Following these events, though, Oliver said that “additional racist, sexist and homophobic incidents were reported and additional investigations began,” but a total number was not confirmed.

Thursday, Sept. 22

On the morning of Sept. 21, Oliver said that there was an aim for a similar disruption as there was the day prior, “to underscore the severity, to underscore the fact that these were unacceptable acts and that they would not be tolerated at Westfield State University.”

This meant that in the morning, Oliver said emails were sent to professors and instructors requesting that classes that start at 9:45 a.m. were brought to the green. In addition, staff and students not in classes at that time were also invited.

Oliver said that the assembly included comments from Torrecilha and others were also invited up to speak.

“A lot of concerns came out of the comments but just like night before there was an amazing call to unity,” Oliver said.

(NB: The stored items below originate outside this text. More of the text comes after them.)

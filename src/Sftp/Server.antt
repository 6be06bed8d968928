-- ===== src/Sftp/Server.antt =====
-- The client as its server sees it: an abstract server that takes each operation once, in their
-- order and up to the first that it refuses, however often it has the client ask again.
pub mod Applied
use power_boot.Prelude.{
  ℕ, zero, suc, ◌+◌, ◌≤◌, ◌<◌, ◌≡◌, refl, ap, sym, ◌∙◌, Bool, true, false, ◌||◌, Option, some, inl,
  inr, Bool-cases, List, [], ◌∷◌, arith, if◌then◌else◌,
}
use mathlib.Core.Path.{subst}
use power_boot.Prelude.Text.{Text}
use power_boot.World.{World}
use power_boot.World.Session.{Rc, again, failed}
use power_boot.World.Calls.{main_thread, SshCall, Call, ot, ssh, new_thread}
use power_boot.Effects.{Env, Run, stopped, done, M, ◌>>◌, ◌>>=◌, skip, pure, and_then}
use power_boot.Effects.Steps.{then-done}
use power_boot.Effects.Steps.{Resumes}
use power_boot.Sftp.{is_again, is_negative}
use power_boot.Sftp.Retry.{reply, called, calls}
use power_boot.Sftp.Exact.{Settles, Undirected, asked, reported}
use power_boot.Sftp.Operations.{Operation, perform, request, stored_by}
use power_boot.Sftp.Performed.{perform-done, perform-stopped, behind_last}

-- A server: what a call that it takes does to its state, which calls it refuses, and when it has
-- the client ask again, by the calls so far.
pub record Server (S : Type 0) : Type 0 where
  pub start : S
  pub apply : SshCall → S → S
  pub refuses : S → SshCall → Bool
  pub is_busy : List Call → SshCall → Bool

-- The text of the last error is at hand without the server.
abbrev pub is_query : SshCall → Bool
is_query (SshCall.last_error session) = true
is_query _ = false

pub request-is_query : (op : Operation) → is_query (request op) ≡ false
request-is_query (Operation.file_write handle buf) = refl
request-is_query _ = refl

-- The calls so far with `k` more of one call.
abbrev pub asked_again : ℕ → SshCall → List Call → List Call
asked_again zero call t = t
asked_again (suc k) call t = asked_again k call (ssh call ∷ t)

-- The operations one after the other.
unfoldable pub perform_all : Env → ℕ → List Operation → M (Unit {0})
perform_all env fuel [] = skip
perform_all env fuel (op ∷ ops) = perform env fuel op >> perform_all env fuel ops

or_second : (a b c : Bool) → b ≡ true → a || b || c ≡ true
or_second true b c e = refl
or_second false b c e = rw e

or_third : (a b c : Bool) → c ≡ true → a || b || c ≡ true
or_third true b c e = refl
or_third false true c e = refl
or_third false false c e = e

module _ {S : Type 0} (server : Server S) where
  -- The state of the server behind some calls, the newest first: a call that it was too busy for
  -- has done nothing.
  unfoldable pub state_behind : List Call → S
  state_behind [] = server.start
  state_behind (ot c ∷ t) = state_behind t
  state_behind (new_thread u ∷ t) = state_behind t
  state_behind (ssh c ∷ t) =
      let rest = state_behind t in
      if is_query c || server.is_busy t c || server.refuses rest c
      then rest
      else server.apply c rest

  -- What the operations are to do, each once, up to the first that is refused, and whether there
  -- is such a one.
  unfoldable pub apply_all : List Operation → S → S × Bool
  apply_all [] s = (s, false)
  apply_all (op ∷ ops) s =
      let rest = apply_all ops (server.apply (request op) s) in
      if server.refuses s (request op) then (s, true) else rest

  -- How they end: the thread comes to their end, or is disposed of.
  abbrev pub Ended : S × Bool → Run (Unit {0}) → Type 0
  Ended (s, false) (done a w) = state_behind w.trace ≡ s
  Ended (s, true) (stopped w) = state_behind w.trace ≡ s
  Ended _ _ = ⊥

  -- The replies are the server's, which settles a call after fewer than `patience` others, and
  -- which no other thread calls.
  pub record Serves (env : Env) (patience : ℕ) : Type 0 where
    pub again :
        (w : World) (c : SshCall) → is_again (env.ssh_reply w c).rc ≡ server.is_busy w.trace c
    pub fine :
        (w : World) (c : SshCall)
        → server.is_busy w.trace c ≡ false
        → server.refuses (state_behind w.trace) c ≡ false
        → is_negative (env.ssh_reply w c).rc ≡ false
    pub refused :
        (w : World) (c : SshCall)
        → server.is_busy w.trace c ≡ false
        → server.refuses (state_behind w.trace) c ≡ true
        → (n : ℕ) × ((env.ssh_reply w c).rc ≡ failed n)
    pub text :
        (w : World) (session : Option ℕ)
        → (st : Text) × ((env.ssh_reply w (SshCall.last_error session)).text ≡ some st)
    pub alone : (w : World) → (env.interfere w).trace ≡ w.trace
    pub undirected : Undirected env
    pub resumes : Resumes env
    pub settles :
        (t : List Call) (c : SshCall)
        → (k : ℕ) × (k < patience)
          × ((i : ℕ) → i < k → server.is_busy (asked_again i c t) c ≡ true)
          × (server.is_busy (asked_again k c t) c ≡ false)

  pub busy-state :
      (k : ℕ) (c : SshCall) (t : List Call)
      → ((i : ℕ) → i < k → server.is_busy (asked_again i c t) c ≡ true)
      → state_behind (asked_again k c t) ≡ state_behind t
  unfolding state_behind
  busy-state zero c t busy = refl
  busy-state (suc k) c t busy =
      busy-state k c (ssh c ∷ t) (λ i h. busy (suc i) (omega arith))
      ∙ rw (or_second (is_query c) (server.is_busy t c) _ (busy 0 (omega arith)))

  pub taken-state :
      (c : SshCall) (t : List Call)
      → is_query c ≡ false
      → server.is_busy t c ≡ false
      → server.refuses (state_behind t) c ≡ false
      → state_behind (ssh c ∷ t) ≡ server.apply c (state_behind t)
  unfolding state_behind
  taken-state c t asks free takes = rw (asks, free, takes)

  pub refused-state :
      (c : SshCall) (t : List Call)
      → server.refuses (state_behind t) c ≡ true
      → state_behind (ssh c ∷ t) ≡ state_behind t
  unfolding state_behind
  refused-state c t refusal = rw (or_third (is_query c) (server.is_busy t c) _ refusal)
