-- ===== src/Sftp/Server/Applied.antt =====
-- The operations of the client against the abstract server.
use power_boot.Prelude.{
  ℕ, zero, suc, ◌≤◌, ◌<◌, ◌≡◌, refl, ap, ◌∙◌, Bool, true, false, inl, inr, Bool-cases, List, [],
  ◌∷◌, arith, if◌then◌else◌,
}
use mathlib.Core.Path.{subst}
use power_boot.Prelude.Text.{Text}
use power_boot.World.{World}
use power_boot.World.Session.{Rc, again}
use power_boot.World.Calls.{main_thread, ssh}
use power_boot.Effects.{Env, Run, stopped, done, ◌>>◌, ◌>>=◌, skip, pure, and_then}
use power_boot.Sftp.{is_again}
use power_boot.Sftp.Retry.{reply, called, calls}
use power_boot.Sftp.Exact.{Settles, asked, reported}
use power_boot.Sftp.Operations.{Operation, perform, request, stored_by}
use power_boot.Sftp.Performed.{perform-done, perform-stopped, behind_last}
use power_boot.Sftp.Server.{
  Server, asked_again, perform_all, state_behind, apply_all, Ended, Serves, request-is_query,
  busy-state, taken-state, refused-state,
}

stored_by-trace : (op : Operation) (rc : Rc) (w : World) → (stored_by op rc w).trace ≡ w.trace
stored_by-trace (Operation.file_write handle buf) rc w = refl
stored_by-trace (Operation.file_close handle) rc w = refl
stored_by-trace (Operation.file_sync handle) rc w = refl
stored_by-trace (Operation.dir_close handle) rc w = refl
stored_by-trace (Operation.file_setstat handle attr) rc w = refl
stored_by-trace _ rc w = refl

module _ {S : Type 0} {server : Server S} {env : Env} {patience : ℕ}
    (serves : Serves server env patience) where
  called-trace :
      (op : Operation) (w : World)
      → (called env (stored_by op) (request op) w).trace ≡ ssh (request op) ∷ w.trace
  called-trace op w = stored_by-trace op _ _ ∙ serves.alone _

  calls-trace :
      (op : Operation) (k : ℕ) (w : World)
      → (calls env (stored_by op) (request op) k w).trace ≡ asked_again k (request op) w.trace
  calls-trace op zero w = refl
  calls-trace op (suc k) w =
      calls-trace op k (called env (stored_by op) (request op) w)
      ∙ ap (asked_again k (request op)) (called-trace op w)

  -- The call of an operation, in the states in which it is made.
  at_call :
      (op : Operation) (i : ℕ) (w : World)
      → (calls env (stored_by op) (request op) i (stored_by op again w)).trace
        ≡ asked_again i (request op) w.trace
  at_call op i w =
      calls-trace op i (stored_by op again w)
      ∙ ap (asked_again i (request op)) (stored_by-trace op again w)

  again_at :
      (op : Operation) (i : ℕ) (w : World) (b : Bool)
      → server.is_busy (asked_again i (request op) w.trace) (request op) ≡ b
      → is_again
          (reply env
            (stored_by op)
            (request op)
            (calls env (stored_by op) (request op) i (stored_by op again w))).rc
        ≡ b
  again_at op i w b e =
      serves.again _ (request op) ∙ ap (λ t. server.is_busy t (request op)) (at_call op i w) ∙ e

  -- The state of the server does not change while it has the client ask again.
  state_at :
      (op : Operation) (k : ℕ) (w : World)
      → ((i : ℕ) → i < k → server.is_busy (asked_again i (request op) w.trace) (request op) ≡ true)
      → state_behind server (calls env (stored_by op) (request op) k (stored_by op again w)).trace
        ≡ state_behind server w.trace
  state_at op k w busy =
      ap (state_behind server) (at_call op k w) ∙ busy-state server k (request op) w.trace busy

  -- Nor by the report of an error.
  told-state :
      (s : Text) (w : World)
      → state_behind server (reported env s (asked env w)).trace ≡ state_behind server w.trace
  unfolding state_behind
  told-state s w = ap (state_behind server) (serves.alone _ ∙ serves.alone _)

  -- What one operation is to do, and whether it is the last.
  abbrev after : Bool → Operation → S → S × Bool
  after refused op s = if refused then (s, true) else (server.apply (request op) s, false)

  -- One operation: what it is to do is done, or it ends the thread.
  perform-Ended :
      (fuel : ℕ) (op : Operation) (w : World)
      → patience ≤ fuel
      → env.me ≡ main_thread
      → Ended server
          (after
            (server.refuses (state_behind server w.trace) (request op))
            op
            (state_behind server w.trace))
          (perform env fuel op w)
  perform-Ended fuel op w enough main =
      let c = request op in
      let (k, lt, busy, free) = serves.settles w.trace c in
      let settles : Settles env (stored_by op) c k (stored_by op again w) = record {
        busy = λ i h. again_at op i w true (busy i h);
        last = again_at op k w false free;
      } in
      let here = ap (λ t. server.is_busy t c) (at_call op k w) ∙ free in
      let there = state_at op k w busy in
      elim (Bool-cases (server.refuses (state_behind server w.trace) c)) [
        | inl refusal ↦
            let refused_here = ap (λ s. server.refuses s c) there ∙ refusal in
            let (n, bad) = serves.refused _ c here refused_here in
            let (st, text) = serves.text (behind_last env op k w) _ in
            rw
              (
                refusal,
                perform-stopped env op serves.undirected serves.resumes k fuel w
                    (omega (arith, lt, enough)) settles n st bad text main,
              )
              (told-state _ (behind_last env op k w)
                ∙ ap (state_behind server) (called-trace op _)
                ∙ refused-state server c _ refused_here
                ∙ there)
        | inr consent ↦
            rw
              (
                consent,
                perform-done env op serves.undirected serves.resumes k fuel w
                    (omega (arith, lt, enough)) settles
                    (serves.fine _ c here (ap (λ s. server.refuses s c) there ∙ consent)),
              )
              (ap (state_behind server) (called-trace op _)
                ∙ taken-state server c _ (request-is_query op) here
                    (ap (λ s. server.refuses s c) there ∙ consent)
                ∙ ap (server.apply c) there)
      ]

  then-Ended :
      (ops : List Operation) (fuel : ℕ) (r : Run (Unit {0})) (s : S) (b : Bool)
      → Ended server (s, b) r
      → ((w : World)
          → Ended server
              (apply_all server ops (state_behind server w.trace))
              (perform_all env fuel ops w))
      → Ended server
          (if b then (s, true) else apply_all server ops s)
          (and_then r (λ _. perform_all env fuel ops))
  then-Ended ops fuel (done a w) s false e rest =
      subst (λ s. Ended server (apply_all server ops s) (perform_all env fuel ops w)) e (rest w)
  then-Ended ops fuel (stopped w) s true e rest = e
  then-Ended ops fuel _ s false e rest = absurd e
  then-Ended ops fuel _ s true e rest = absurd e

  module _ (fuel : ℕ) (enough : patience ≤ fuel) (main : env.me ≡ main_thread) where
    -- Where the replies are those of an abstract server that settles each call after fewer than
    -- `patience` answers LIBSSH2_ERROR_EAGAIN, `wait` has no direction, and no other thread makes a
    -- call or disposes of this one: operations one after the other in the main thread, with that
    -- fuel, come to their end, or to that of the thread where the server refuses one of them, and
    -- the server has then done what each is to do, once, in their order, and nothing from the first
    -- refusal on.
    pub perform_all-Ended :
        (ops : List Operation) (w : World)
        → Ended server
            (apply_all server ops (state_behind server w.trace))
            (perform_all env fuel ops w)
    unfolding perform_all apply_all skip pure ◌>>◌ ◌>>=◌
    perform_all-Ended [] w = refl
    perform_all-Ended (op ∷ ops) w =
        let s : S = state_behind server w.trace in
        let ends = perform-Ended fuel op w enough main in
        elim (Bool-cases (server.refuses s (request op))) [
          | inl refusal ↦ rw refusal (
              then-Ended ops fuel (perform env fuel op w) s true
                (subst (λ b. Ended server (after b op s) (perform env fuel op w)) refusal ends)
                (perform_all-Ended ops))
          | inr consent ↦ rw consent (
              then-Ended ops fuel (perform env fuel op w) (server.apply (request op) s) false
                (subst (λ b. Ended server (after b op s) (perform env fuel op w)) consent ends)
                (perform_all-Ended ops))
        ]
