-- ===== src/Examples/Server.antt =====
-- The client against an abstract server that puts down what it is asked to do, is busy at every
-- other call, and refuses to remove a directory.
use power_boot.Prelude.{
  ℕ, zero, suc, ◌<◌, ◌≡◌, refl, Bool, true, false, not, some, List, [], ◌∷◌, arith,
}
use power_boot.Prelude.Text.{codes}
use power_boot.World.Session.{Rc, failed}
use power_boot.World.Calls.{SshCall, SshReply, Call}
use power_boot.Effects.{Env}
use power_boot.Sftp.{is_again}
use power_boot.Sftp.Operations.{Operation}
use power_boot.Sftp.Server.{
  Server, Serves, asked_again, perform_all, apply_all, state_behind, Ended,
}
use power_boot.Sftp.Server.Applied.{perform_all-Ended}
use power_boot.Examples.Net.{ok_reply, one_socket}
use power_boot.Examples.Sftp.{in_main}

abbrev is_even_list : List Call → Bool
is_even_list [] = true
is_even_list (c ∷ t) = not (is_even_list t)

abbrev is_rmdir : SshCall → Bool
is_rmdir (SshCall.sftp_rmdir path) = true
is_rmdir _ = false

abbrev scribe : Server (List SshCall)
scribe = record {
  start = [];
  apply = λ c s. c ∷ s;
  refuses = λ s c. is_rmdir c;
  is_busy = λ t c. is_even_list t;
}

abbrev scribe_reply : (busy refused : Bool) → SshReply
scribe_reply true refused = record ok_reply { rc = Rc.again }
scribe_reply false true = record ok_reply { rc = failed 31 }
scribe_reply false false = ok_reply

abbrev before_scribe : Env
before_scribe = record in_main {
  ssh_reply = λ w c. scribe_reply (is_even_list w.trace) (is_rmdir c);
}

reply_again : (b r : Bool) → is_again (scribe_reply b r).rc ≡ b
reply_again true r = refl
reply_again false true = refl
reply_again false false = refl

reply_text : (b r : Bool) → (scribe_reply b r).text ≡ some (codes "password")
reply_text true r = refl
reply_text false true = refl
reply_text false false = refl

scribe-Serves : Serves scribe before_scribe 2
scribe-Serves = record {
  again = λ w c. reply_again (is_even_list w.trace) (is_rmdir c);
  fine = λ w c free takes. rw (free, takes);
  refused = λ w c free refusal. (31, rw (free, refusal));
  text = λ w session. (codes "password", reply_text (is_even_list w.trace) false);
  alone = λ w. refl;
  undirected = λ w. refl;
  resumes = λ w. refl;
  settles = λ t c. settled t c (is_even_list t) refl;
}
  where
    settled :
        (t : List Call) (c : SshCall) (b : Bool)
        → is_even_list t ≡ b
        → (k : ℕ) × (k < 2)
          × ((i : ℕ) → i < k → is_even_list (asked_again i c t) ≡ true)
          × (is_even_list (asked_again k c t) ≡ false)
    settled t c false e = (0, omega arith, (λ i h. absurd (omega arith)), e)
    settled t c true e = (1, omega arith, once, rw e)
      where
        once : (i : ℕ) → i < 1 → is_even_list (asked_again i c t) ≡ true
        once zero h = e
        once (suc i) h = absurd (omega arith)

abbrev errands : List Operation
errands =
    Operation.mkdir (codes "d") 7
    ∷ Operation.file_write 3 (codes "ab")
    ∷ Operation.rmdir (codes "d")
    ∷ Operation.file_close 3
    ∷ []

perform_all-Ended_example :
    Ended scribe
      (apply_all scribe errands (state_behind scribe one_socket.trace))
      (perform_all before_scribe 2 errands one_socket)
perform_all-Ended_example = perform_all-Ended scribe-Serves 2 (omega arith) refl errands one_socket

During the assembly an announcement was made for the Day of Acknowledgement and Listening, which would be held the following day on campus. The day was designed to allow others to share their thoughts and emotions on the incidents that occurred at the university and would occur during two sessions the following day.

“We knew that the conversation had to be continued,” Oliver said.

In the afternoon, Oliver said that a statement was issued by the SGA, “calling for unity,” and in the evening a third email was sent by Torrecilha, “thanking everyone for their courage,” Oliver said, and addressing the other incidents.

Friday, Sept. 23 through the weekend

On Sept. 22, the Day of Acknowledgement and Listening took place, which allowed people to share thoughts and feelings on the incidents. This included two sessions on campus, with the first one from 10 a.m. to noon involving the entire campus community, and the second session occurring from 1 p.m. to 3 p.m. that involved only students.

According to Oliver, the second session was provided because “we wanted students to have that time to themselves.”

Oliver also said that the Emergency Response Center maintained 24-hour operations through the weekend in the case of any other incidents or concerns. Also over the weekend, Oliver said that  counseling services were expanded, human resources for staff and faculty were expanded and staffing and security were increased.